[Given data — start]

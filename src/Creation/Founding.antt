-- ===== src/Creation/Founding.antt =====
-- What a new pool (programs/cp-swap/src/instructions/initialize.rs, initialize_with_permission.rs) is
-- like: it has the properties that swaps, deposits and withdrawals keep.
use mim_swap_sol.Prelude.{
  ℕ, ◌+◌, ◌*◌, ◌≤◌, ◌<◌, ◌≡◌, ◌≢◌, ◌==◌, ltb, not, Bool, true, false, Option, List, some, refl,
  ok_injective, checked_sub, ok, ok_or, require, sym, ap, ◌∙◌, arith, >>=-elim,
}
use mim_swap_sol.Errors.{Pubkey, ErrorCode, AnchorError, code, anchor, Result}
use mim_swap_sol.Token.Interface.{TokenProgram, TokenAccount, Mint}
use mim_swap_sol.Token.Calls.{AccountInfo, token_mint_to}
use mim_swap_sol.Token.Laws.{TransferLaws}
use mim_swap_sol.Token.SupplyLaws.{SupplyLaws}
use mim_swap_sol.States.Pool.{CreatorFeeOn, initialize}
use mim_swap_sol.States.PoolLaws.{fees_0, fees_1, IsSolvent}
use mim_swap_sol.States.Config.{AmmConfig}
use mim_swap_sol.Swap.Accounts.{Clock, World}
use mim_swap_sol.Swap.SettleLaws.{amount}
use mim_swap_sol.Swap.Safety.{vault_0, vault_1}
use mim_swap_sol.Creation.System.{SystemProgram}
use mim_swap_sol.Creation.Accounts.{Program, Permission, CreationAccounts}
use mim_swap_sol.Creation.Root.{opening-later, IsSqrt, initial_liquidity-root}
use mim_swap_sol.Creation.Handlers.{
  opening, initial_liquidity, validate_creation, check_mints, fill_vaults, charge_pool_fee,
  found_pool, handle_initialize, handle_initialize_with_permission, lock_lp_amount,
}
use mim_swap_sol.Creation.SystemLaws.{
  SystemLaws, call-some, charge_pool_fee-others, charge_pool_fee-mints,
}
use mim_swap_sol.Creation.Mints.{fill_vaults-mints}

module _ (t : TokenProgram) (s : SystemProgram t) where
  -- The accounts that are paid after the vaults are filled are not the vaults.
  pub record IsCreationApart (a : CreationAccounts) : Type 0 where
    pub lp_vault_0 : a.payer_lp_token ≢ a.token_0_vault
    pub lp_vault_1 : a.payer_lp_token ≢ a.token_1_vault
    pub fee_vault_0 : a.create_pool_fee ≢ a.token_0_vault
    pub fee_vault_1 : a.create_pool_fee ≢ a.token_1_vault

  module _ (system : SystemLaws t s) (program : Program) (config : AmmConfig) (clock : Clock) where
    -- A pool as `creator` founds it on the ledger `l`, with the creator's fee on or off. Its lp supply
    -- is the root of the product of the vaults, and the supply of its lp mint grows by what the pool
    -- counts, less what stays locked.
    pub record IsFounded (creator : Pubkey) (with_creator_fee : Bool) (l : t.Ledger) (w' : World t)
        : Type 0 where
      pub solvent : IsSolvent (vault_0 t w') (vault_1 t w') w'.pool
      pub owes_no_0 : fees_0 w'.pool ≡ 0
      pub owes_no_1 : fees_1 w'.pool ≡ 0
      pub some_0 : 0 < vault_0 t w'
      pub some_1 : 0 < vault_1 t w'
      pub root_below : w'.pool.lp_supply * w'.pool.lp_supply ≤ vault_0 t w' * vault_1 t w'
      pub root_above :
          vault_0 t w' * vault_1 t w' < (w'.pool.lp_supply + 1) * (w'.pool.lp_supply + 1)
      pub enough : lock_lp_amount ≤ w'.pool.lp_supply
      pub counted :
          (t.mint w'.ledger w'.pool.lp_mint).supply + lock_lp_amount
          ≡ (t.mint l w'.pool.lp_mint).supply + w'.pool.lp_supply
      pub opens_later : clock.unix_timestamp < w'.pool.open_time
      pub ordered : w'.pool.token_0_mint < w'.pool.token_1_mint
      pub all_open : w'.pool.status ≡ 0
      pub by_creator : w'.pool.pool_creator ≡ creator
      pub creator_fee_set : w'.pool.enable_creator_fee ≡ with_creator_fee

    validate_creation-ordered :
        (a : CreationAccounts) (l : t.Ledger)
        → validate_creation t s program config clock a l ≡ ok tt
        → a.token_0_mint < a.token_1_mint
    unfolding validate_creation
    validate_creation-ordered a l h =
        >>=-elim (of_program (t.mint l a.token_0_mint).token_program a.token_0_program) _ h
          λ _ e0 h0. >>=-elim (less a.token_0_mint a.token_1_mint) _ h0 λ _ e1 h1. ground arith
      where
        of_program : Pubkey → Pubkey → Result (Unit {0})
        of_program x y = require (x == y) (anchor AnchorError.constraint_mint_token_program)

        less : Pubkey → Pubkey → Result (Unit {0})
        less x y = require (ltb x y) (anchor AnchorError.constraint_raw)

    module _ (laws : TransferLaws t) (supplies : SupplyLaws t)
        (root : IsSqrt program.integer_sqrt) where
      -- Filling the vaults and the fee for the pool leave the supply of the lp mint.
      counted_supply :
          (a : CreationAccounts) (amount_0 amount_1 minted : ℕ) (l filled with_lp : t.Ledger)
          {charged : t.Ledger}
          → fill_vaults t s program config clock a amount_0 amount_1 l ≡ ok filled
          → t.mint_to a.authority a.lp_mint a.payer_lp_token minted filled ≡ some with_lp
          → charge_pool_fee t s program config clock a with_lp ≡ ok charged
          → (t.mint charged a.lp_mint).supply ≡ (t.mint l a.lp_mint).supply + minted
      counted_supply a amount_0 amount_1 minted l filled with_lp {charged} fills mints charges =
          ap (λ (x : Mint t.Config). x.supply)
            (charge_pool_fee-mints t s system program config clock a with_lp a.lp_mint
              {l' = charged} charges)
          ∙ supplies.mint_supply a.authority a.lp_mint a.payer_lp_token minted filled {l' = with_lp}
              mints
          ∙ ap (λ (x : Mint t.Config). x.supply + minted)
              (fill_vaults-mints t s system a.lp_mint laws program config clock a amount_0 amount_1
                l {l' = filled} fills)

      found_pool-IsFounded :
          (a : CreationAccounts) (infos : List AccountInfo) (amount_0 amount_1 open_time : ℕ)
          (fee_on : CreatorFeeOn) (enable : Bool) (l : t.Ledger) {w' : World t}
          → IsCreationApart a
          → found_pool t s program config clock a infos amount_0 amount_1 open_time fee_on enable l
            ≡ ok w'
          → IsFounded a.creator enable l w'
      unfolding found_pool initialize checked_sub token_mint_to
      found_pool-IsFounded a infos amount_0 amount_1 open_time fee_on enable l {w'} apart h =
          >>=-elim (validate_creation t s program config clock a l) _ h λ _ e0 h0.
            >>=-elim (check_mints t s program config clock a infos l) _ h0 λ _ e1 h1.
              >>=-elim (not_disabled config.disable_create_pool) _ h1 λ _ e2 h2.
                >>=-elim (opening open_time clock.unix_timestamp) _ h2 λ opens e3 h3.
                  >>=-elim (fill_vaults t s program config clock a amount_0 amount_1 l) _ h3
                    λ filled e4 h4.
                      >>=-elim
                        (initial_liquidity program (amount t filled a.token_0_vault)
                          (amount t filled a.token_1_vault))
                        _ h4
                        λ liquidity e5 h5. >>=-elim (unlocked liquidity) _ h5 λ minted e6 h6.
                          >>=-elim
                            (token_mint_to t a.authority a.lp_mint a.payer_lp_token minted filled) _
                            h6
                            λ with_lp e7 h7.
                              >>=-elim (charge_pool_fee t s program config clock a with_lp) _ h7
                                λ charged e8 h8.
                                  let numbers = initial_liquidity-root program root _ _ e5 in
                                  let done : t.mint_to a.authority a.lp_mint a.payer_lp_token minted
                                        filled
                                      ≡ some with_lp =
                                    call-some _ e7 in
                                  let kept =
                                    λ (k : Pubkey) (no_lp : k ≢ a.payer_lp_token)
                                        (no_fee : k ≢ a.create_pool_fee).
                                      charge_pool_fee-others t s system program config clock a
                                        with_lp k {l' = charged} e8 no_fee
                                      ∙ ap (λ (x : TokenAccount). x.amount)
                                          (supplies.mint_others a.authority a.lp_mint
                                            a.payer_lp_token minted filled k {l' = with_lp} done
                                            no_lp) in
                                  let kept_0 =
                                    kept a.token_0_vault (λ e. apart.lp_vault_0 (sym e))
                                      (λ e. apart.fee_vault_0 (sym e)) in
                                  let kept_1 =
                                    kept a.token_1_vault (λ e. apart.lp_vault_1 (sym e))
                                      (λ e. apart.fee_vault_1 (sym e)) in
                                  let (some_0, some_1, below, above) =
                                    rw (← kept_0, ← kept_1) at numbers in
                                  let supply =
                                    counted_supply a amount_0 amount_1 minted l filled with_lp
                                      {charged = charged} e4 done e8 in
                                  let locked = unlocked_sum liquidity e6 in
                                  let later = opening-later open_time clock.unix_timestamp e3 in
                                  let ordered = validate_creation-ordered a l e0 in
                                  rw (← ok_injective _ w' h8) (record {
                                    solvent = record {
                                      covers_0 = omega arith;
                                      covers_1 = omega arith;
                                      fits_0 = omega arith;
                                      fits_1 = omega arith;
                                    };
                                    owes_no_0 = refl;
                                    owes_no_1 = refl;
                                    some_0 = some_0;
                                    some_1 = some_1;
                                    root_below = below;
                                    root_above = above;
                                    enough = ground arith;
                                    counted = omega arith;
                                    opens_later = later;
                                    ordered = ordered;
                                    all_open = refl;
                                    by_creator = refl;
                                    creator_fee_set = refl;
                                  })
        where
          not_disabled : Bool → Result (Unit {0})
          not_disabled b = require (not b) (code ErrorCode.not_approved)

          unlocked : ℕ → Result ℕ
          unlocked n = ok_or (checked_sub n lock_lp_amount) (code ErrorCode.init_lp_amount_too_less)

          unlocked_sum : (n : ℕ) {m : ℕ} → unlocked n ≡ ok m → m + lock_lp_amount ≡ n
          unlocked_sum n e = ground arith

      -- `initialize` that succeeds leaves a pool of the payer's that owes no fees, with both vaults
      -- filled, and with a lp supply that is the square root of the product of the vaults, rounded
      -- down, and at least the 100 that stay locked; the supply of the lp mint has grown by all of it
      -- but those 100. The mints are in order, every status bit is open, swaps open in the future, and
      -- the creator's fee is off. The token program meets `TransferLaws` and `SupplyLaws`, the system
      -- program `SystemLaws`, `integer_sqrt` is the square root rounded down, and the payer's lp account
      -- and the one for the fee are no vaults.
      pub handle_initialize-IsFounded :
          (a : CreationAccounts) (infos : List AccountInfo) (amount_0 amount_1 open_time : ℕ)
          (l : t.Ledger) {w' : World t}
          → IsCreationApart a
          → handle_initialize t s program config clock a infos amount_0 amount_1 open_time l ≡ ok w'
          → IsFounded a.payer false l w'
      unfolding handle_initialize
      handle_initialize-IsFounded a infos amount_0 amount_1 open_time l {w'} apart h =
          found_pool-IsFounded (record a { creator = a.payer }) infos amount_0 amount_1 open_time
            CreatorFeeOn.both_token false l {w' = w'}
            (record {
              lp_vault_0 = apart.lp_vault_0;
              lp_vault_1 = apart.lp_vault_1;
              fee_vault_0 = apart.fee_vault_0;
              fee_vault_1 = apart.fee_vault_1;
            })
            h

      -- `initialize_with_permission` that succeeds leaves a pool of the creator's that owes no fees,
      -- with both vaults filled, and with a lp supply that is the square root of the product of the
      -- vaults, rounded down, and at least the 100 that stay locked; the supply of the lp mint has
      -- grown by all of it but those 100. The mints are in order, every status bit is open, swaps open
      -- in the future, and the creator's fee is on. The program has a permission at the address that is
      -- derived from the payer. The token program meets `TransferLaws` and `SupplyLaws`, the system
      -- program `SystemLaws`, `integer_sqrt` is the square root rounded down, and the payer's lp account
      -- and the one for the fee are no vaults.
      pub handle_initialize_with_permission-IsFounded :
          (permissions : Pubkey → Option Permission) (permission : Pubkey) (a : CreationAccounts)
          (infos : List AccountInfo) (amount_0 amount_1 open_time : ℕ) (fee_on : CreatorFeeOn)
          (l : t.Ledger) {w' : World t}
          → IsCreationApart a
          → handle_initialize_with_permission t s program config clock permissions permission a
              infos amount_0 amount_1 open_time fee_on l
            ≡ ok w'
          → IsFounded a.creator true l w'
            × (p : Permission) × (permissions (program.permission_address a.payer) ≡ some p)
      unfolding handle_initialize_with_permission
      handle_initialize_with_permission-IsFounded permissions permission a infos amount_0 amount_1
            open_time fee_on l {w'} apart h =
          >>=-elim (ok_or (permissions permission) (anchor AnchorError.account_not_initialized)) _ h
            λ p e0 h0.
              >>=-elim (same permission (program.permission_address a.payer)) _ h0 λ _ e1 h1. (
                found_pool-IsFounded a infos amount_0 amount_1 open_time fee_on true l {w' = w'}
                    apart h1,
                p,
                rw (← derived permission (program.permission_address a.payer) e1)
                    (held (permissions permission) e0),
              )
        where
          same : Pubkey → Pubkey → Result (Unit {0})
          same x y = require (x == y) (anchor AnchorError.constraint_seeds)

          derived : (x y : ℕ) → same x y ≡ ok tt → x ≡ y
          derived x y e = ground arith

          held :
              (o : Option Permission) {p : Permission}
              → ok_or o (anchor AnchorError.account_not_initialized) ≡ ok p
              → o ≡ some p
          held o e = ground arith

[Given data — finish]
[Given data — start]

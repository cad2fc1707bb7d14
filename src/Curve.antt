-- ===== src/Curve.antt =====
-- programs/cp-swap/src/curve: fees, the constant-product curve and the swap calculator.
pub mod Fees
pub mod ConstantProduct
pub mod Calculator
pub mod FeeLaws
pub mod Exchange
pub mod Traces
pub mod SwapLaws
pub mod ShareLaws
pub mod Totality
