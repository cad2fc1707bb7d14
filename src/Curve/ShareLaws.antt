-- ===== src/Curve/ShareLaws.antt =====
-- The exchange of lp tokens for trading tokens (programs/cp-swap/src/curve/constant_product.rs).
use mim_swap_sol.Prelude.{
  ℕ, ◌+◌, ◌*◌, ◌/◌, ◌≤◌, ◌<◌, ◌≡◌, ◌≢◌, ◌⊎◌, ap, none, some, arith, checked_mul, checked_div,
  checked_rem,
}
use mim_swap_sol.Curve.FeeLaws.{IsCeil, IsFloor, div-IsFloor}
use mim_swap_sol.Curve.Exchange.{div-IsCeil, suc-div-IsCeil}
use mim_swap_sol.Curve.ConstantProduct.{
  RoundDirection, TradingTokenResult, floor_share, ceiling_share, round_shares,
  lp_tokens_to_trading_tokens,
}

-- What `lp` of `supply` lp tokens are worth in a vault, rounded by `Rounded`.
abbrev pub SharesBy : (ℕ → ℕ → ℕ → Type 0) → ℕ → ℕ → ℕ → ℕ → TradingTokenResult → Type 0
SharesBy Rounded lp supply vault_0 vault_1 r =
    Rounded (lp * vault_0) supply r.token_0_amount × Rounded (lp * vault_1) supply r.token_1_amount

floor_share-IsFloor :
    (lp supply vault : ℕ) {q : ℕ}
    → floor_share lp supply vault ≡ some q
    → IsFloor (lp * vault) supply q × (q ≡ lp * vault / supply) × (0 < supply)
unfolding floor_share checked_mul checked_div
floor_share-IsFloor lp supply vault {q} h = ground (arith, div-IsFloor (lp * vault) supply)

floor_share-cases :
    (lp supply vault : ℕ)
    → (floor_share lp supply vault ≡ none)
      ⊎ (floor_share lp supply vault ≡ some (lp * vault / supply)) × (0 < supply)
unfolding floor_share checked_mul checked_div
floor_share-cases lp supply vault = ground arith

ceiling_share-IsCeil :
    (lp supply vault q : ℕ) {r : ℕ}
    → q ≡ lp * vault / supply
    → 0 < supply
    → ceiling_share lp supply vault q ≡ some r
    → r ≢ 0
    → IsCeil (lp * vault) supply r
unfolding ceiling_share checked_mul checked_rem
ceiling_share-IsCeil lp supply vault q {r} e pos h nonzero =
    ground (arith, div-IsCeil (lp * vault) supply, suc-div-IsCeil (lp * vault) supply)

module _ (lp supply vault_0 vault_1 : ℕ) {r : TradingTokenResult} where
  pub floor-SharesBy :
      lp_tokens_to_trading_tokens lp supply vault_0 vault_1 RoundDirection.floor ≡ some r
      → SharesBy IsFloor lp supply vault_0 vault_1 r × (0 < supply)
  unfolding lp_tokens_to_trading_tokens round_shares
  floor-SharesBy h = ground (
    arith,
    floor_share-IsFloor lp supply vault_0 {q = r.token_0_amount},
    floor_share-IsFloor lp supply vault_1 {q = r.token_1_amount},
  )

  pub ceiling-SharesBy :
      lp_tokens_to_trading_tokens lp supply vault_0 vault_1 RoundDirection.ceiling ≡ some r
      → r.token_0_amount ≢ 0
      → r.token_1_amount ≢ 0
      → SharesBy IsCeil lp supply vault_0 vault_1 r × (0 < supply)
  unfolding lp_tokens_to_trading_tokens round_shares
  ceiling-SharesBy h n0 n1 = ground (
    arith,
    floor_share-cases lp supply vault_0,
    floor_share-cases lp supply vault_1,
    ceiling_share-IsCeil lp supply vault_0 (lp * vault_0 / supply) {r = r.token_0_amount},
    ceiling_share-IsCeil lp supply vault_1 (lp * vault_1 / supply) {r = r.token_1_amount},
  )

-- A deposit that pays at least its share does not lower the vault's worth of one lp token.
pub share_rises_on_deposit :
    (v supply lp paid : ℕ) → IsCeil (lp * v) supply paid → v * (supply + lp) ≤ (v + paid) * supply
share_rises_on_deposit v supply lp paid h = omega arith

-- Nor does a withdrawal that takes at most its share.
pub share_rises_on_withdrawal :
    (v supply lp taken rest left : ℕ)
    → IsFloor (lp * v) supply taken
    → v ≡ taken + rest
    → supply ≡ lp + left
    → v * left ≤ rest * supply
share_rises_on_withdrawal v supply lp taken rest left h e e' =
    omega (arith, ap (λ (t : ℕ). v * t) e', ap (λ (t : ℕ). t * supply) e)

[Given data — finish]

Goal of the exercise
All lines above from the one with "pub record IsCreationApart" to the one with "pub fee_vault_0 : a.create_pool_fee", inclusive, should be copied exactly, and no other lines.

Answer space
  pub record IsCreationApart (a : CreationAccounts) : Type 0 where
    pub lp_vault_0 : a.payer_lp_token ≢ a.token_0_vault
    pub lp_vault_1 : a.payer_lp_token ≢ a.token_1_vault
    pub fee_vault_0 : a.create_pool_fee ≢ a.token_0_vault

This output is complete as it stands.